╭─ Dataset records
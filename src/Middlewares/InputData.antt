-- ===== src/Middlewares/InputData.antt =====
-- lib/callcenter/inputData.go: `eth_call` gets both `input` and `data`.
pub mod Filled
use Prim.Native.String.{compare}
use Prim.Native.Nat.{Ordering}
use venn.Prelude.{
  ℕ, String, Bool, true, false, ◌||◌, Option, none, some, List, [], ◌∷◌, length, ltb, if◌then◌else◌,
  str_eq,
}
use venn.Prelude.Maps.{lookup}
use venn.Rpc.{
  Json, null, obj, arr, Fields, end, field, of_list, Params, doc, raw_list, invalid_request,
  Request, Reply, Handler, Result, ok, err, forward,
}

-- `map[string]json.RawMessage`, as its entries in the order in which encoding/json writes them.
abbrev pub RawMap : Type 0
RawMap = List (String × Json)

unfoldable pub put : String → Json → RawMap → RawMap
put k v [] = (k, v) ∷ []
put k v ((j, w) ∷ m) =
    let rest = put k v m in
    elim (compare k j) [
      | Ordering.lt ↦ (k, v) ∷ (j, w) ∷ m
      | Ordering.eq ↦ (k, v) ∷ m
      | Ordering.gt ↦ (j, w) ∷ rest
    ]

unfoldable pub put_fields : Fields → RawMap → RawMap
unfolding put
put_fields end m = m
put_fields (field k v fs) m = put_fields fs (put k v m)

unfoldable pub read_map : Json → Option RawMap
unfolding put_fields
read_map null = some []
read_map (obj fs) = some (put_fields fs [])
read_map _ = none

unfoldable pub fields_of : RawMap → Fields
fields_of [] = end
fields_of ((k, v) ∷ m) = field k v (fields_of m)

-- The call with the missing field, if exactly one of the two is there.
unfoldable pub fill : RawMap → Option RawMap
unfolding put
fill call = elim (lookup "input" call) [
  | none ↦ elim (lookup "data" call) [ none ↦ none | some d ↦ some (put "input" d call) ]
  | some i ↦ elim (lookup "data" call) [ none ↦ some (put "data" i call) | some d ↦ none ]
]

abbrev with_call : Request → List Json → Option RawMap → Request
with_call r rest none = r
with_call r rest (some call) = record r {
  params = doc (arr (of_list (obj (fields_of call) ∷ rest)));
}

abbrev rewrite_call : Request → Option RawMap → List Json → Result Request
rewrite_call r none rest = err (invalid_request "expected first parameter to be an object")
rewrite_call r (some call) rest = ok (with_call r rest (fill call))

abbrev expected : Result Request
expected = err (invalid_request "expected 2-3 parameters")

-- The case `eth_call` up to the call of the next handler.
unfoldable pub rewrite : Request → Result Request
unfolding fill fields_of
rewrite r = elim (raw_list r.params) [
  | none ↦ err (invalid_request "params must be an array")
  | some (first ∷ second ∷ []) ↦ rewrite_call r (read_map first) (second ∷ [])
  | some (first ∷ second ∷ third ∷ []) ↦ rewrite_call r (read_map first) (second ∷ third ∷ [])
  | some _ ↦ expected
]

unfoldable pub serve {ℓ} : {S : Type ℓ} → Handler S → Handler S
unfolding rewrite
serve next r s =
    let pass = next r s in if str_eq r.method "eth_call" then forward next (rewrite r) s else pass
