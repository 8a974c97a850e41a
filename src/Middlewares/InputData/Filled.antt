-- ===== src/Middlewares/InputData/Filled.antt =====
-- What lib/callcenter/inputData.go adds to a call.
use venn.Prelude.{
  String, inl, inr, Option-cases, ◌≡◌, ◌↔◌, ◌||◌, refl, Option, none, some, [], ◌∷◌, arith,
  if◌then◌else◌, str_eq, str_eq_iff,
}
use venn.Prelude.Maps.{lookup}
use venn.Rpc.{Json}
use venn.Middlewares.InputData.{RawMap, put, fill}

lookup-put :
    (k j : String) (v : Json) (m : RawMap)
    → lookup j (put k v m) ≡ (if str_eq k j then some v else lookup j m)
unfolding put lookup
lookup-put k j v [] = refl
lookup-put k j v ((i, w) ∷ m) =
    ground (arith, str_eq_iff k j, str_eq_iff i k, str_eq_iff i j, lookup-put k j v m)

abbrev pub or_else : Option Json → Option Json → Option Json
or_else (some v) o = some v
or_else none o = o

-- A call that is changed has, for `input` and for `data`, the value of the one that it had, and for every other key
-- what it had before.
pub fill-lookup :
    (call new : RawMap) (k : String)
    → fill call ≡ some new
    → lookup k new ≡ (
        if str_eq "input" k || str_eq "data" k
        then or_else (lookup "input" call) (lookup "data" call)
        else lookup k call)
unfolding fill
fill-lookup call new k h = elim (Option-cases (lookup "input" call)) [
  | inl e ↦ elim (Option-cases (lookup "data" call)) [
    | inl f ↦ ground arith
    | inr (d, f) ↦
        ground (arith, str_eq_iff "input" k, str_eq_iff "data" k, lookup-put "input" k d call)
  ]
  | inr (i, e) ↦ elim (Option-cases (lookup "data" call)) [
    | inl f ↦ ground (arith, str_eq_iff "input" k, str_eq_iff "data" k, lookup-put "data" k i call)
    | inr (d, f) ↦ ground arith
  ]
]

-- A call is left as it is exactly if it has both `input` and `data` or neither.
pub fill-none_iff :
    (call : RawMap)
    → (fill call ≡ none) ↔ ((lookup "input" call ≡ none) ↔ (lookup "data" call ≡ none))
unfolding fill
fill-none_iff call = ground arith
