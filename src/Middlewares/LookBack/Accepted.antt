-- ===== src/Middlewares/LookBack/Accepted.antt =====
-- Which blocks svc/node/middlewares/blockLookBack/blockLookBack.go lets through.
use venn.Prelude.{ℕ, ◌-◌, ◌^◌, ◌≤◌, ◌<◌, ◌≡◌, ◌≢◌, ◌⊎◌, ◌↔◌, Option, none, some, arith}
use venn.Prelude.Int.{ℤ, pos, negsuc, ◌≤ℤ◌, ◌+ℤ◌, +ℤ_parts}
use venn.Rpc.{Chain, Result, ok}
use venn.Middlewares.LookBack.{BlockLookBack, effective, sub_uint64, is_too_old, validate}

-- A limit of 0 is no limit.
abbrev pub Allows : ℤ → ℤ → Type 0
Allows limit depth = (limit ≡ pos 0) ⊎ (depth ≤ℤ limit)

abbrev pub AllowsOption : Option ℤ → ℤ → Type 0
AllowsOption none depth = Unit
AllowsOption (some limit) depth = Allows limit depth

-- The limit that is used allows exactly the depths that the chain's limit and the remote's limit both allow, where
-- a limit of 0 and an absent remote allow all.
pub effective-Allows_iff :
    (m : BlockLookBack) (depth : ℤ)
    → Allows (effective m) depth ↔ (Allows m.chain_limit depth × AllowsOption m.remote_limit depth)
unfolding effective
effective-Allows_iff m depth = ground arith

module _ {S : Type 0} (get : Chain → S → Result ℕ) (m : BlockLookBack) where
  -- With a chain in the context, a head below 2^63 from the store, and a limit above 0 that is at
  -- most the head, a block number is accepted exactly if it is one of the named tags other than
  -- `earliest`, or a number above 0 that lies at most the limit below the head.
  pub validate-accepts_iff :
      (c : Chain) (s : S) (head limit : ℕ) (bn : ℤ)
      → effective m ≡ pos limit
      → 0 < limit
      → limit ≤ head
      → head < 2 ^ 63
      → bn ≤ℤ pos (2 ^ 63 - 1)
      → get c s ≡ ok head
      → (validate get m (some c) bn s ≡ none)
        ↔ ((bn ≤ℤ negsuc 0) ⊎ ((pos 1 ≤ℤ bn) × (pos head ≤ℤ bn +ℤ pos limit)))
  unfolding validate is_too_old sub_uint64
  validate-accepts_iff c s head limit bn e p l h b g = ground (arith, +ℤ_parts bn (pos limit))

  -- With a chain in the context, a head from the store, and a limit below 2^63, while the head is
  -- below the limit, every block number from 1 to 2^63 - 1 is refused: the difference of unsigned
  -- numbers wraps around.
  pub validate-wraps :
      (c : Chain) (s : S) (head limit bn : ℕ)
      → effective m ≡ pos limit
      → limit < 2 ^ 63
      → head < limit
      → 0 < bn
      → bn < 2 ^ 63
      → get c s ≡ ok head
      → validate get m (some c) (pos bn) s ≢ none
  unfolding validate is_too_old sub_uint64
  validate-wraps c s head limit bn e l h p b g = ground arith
╰─
╭─ Dataset records
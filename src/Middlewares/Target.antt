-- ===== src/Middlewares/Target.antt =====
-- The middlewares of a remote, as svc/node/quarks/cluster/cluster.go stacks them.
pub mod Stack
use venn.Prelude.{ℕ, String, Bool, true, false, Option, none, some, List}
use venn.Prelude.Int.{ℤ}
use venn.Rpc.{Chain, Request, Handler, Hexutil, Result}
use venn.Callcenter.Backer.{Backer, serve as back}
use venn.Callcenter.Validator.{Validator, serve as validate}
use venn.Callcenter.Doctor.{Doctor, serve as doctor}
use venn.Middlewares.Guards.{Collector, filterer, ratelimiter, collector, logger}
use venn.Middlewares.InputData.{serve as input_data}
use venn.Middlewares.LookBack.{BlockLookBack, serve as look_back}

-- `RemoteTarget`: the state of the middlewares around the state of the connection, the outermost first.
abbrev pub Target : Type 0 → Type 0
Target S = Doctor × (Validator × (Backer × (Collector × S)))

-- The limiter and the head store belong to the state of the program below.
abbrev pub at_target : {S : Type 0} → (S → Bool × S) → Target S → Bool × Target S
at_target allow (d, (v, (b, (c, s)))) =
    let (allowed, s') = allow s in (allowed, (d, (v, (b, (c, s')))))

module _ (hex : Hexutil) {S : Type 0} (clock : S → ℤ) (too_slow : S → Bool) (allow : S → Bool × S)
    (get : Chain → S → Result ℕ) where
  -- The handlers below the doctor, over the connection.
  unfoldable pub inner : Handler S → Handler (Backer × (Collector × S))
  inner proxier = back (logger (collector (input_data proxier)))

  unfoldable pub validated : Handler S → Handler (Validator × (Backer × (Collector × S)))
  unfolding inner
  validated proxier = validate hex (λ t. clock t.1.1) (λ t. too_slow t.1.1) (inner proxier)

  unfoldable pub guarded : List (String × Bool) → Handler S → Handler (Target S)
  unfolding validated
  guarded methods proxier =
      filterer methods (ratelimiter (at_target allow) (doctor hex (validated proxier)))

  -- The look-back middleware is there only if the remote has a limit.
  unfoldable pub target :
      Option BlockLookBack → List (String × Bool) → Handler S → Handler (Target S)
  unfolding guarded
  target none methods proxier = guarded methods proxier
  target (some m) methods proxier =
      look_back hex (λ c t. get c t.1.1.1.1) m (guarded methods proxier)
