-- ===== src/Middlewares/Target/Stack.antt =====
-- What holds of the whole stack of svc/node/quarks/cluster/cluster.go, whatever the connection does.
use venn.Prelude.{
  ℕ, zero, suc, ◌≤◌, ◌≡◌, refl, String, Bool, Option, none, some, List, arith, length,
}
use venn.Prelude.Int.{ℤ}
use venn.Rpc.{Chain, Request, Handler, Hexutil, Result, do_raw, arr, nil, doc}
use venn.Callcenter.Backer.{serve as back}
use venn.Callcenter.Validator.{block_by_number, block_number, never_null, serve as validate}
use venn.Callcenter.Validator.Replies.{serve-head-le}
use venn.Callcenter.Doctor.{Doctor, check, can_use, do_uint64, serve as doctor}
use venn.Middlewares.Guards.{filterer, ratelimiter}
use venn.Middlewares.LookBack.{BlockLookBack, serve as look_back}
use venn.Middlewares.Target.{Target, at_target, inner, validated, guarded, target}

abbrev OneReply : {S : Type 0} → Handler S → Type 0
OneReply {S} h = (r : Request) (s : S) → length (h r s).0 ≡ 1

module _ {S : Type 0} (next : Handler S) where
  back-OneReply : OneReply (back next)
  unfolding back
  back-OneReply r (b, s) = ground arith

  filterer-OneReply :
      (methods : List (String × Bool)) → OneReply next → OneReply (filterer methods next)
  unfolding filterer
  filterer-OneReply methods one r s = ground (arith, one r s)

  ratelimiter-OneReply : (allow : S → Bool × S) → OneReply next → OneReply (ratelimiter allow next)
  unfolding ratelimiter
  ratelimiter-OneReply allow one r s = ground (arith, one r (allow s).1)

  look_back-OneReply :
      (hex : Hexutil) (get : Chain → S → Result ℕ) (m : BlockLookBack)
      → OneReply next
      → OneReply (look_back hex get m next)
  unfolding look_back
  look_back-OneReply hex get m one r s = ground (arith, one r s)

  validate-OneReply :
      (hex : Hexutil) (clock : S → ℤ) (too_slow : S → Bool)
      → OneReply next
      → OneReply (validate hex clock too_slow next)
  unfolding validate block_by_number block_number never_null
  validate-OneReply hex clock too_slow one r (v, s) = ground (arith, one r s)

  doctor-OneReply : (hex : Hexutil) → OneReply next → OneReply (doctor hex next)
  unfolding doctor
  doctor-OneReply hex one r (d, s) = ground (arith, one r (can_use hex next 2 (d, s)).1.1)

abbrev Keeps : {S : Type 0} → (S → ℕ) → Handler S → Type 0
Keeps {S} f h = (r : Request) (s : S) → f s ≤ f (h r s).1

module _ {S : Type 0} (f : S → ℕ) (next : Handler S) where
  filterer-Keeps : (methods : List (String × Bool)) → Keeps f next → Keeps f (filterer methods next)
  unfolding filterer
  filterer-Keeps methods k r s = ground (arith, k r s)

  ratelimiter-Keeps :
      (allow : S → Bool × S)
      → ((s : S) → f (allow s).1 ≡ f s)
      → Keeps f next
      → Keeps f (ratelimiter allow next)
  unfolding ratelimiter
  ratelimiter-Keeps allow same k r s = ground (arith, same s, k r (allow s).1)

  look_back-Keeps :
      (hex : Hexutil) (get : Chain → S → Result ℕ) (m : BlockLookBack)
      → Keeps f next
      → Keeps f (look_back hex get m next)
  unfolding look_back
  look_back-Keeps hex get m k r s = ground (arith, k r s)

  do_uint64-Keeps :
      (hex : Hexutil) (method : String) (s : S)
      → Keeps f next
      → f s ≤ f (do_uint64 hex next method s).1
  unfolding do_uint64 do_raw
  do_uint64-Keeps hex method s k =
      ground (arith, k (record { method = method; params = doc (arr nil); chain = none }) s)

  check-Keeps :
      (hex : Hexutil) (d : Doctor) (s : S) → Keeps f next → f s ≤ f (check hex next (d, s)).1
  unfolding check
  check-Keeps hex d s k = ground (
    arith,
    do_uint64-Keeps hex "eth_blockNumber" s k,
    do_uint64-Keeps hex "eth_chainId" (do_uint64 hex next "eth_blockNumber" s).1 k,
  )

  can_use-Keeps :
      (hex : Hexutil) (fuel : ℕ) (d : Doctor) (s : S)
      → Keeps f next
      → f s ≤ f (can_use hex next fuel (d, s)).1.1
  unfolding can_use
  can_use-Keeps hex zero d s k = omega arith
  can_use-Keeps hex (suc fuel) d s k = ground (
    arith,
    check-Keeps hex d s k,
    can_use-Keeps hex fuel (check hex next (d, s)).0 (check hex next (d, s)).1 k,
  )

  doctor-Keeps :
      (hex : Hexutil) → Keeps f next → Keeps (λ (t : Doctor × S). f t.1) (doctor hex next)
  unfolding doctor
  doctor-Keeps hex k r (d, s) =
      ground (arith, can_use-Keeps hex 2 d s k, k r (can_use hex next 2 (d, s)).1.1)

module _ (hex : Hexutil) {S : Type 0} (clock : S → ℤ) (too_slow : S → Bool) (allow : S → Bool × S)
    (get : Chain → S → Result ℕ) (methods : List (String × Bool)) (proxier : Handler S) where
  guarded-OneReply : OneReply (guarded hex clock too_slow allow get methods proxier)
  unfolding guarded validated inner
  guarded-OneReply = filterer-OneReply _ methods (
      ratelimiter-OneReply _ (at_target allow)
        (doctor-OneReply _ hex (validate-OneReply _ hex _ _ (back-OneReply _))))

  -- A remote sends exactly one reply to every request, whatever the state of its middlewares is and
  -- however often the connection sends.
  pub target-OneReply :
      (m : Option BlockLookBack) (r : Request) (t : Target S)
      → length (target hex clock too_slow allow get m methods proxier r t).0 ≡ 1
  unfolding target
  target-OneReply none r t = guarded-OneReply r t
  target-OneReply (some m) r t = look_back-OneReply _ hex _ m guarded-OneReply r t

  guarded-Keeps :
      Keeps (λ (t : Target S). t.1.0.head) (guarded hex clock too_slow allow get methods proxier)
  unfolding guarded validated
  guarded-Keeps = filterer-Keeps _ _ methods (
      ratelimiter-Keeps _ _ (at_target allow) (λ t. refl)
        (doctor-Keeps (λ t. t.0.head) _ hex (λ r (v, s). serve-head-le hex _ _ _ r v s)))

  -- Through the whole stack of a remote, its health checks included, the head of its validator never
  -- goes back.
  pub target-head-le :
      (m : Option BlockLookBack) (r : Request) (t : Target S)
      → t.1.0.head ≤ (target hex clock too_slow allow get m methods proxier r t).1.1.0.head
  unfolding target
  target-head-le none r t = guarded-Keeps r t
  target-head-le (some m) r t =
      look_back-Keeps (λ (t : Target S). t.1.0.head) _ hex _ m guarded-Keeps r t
╰─
╭─ Dataset records
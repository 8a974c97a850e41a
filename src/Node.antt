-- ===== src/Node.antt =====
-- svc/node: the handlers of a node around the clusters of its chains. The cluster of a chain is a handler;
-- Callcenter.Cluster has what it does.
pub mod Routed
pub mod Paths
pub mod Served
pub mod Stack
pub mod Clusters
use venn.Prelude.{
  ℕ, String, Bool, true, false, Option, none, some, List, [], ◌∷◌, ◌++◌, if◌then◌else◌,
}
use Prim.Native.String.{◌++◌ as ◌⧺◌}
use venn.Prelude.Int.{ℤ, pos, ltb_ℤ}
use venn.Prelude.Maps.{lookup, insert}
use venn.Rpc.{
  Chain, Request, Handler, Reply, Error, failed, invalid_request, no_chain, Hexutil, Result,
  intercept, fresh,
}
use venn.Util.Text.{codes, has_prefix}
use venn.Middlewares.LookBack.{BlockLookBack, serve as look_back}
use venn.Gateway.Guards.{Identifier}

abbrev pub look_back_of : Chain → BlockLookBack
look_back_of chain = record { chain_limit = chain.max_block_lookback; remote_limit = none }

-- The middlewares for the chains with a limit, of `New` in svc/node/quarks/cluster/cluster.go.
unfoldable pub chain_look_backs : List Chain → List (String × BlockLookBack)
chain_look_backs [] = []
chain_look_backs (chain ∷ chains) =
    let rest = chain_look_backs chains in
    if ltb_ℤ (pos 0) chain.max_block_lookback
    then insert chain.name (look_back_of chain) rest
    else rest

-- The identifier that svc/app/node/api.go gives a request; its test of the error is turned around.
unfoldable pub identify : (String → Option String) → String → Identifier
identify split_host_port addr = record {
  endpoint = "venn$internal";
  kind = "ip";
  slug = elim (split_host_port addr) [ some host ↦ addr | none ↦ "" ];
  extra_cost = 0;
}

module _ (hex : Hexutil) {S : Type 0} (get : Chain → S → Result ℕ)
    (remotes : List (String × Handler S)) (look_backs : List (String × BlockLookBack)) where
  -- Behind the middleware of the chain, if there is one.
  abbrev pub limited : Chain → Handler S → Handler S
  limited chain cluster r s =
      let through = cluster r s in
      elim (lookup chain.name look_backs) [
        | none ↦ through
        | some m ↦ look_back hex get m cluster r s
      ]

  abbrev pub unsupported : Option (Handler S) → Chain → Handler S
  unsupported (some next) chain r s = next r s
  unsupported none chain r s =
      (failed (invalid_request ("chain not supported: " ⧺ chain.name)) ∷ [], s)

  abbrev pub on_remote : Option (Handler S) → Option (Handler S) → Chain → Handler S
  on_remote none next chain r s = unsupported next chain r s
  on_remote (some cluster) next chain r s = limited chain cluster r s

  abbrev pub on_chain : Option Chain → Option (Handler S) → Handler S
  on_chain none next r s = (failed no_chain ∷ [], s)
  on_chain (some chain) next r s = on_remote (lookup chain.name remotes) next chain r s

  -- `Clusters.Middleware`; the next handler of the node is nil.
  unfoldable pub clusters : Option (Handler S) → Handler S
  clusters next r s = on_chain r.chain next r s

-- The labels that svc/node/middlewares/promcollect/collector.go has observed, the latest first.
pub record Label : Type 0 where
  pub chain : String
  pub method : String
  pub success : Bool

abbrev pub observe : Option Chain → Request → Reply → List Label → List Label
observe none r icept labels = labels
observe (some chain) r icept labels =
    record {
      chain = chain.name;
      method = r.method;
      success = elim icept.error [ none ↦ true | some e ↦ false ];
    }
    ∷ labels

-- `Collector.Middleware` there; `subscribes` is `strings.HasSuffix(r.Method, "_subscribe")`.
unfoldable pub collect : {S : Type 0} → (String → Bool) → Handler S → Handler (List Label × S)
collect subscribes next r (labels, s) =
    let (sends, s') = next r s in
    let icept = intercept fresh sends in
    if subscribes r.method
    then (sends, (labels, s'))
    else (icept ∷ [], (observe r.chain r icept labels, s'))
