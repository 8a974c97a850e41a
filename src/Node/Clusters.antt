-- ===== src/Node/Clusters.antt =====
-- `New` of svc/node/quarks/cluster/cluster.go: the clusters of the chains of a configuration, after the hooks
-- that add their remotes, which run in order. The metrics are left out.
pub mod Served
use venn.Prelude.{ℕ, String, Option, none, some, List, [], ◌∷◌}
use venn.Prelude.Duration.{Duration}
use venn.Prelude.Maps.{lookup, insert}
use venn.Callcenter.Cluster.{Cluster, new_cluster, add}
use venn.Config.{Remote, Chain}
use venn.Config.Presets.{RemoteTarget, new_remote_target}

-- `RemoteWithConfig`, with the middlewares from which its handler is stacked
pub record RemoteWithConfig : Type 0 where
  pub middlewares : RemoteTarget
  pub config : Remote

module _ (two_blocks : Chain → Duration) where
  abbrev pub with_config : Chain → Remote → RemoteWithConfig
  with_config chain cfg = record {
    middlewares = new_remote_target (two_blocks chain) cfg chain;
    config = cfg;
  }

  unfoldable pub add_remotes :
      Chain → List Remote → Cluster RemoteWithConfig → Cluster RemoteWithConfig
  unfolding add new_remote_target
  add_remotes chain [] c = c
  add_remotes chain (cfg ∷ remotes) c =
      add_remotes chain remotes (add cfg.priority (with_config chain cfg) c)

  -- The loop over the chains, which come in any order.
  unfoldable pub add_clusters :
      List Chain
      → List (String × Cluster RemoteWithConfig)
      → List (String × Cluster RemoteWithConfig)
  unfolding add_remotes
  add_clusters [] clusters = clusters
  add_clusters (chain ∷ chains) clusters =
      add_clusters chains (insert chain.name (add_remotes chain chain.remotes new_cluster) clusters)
╰─
- **What you should do**
Above is a listing; report how many of its lines include the word "identify", giving the number only.

- **Written answer**
2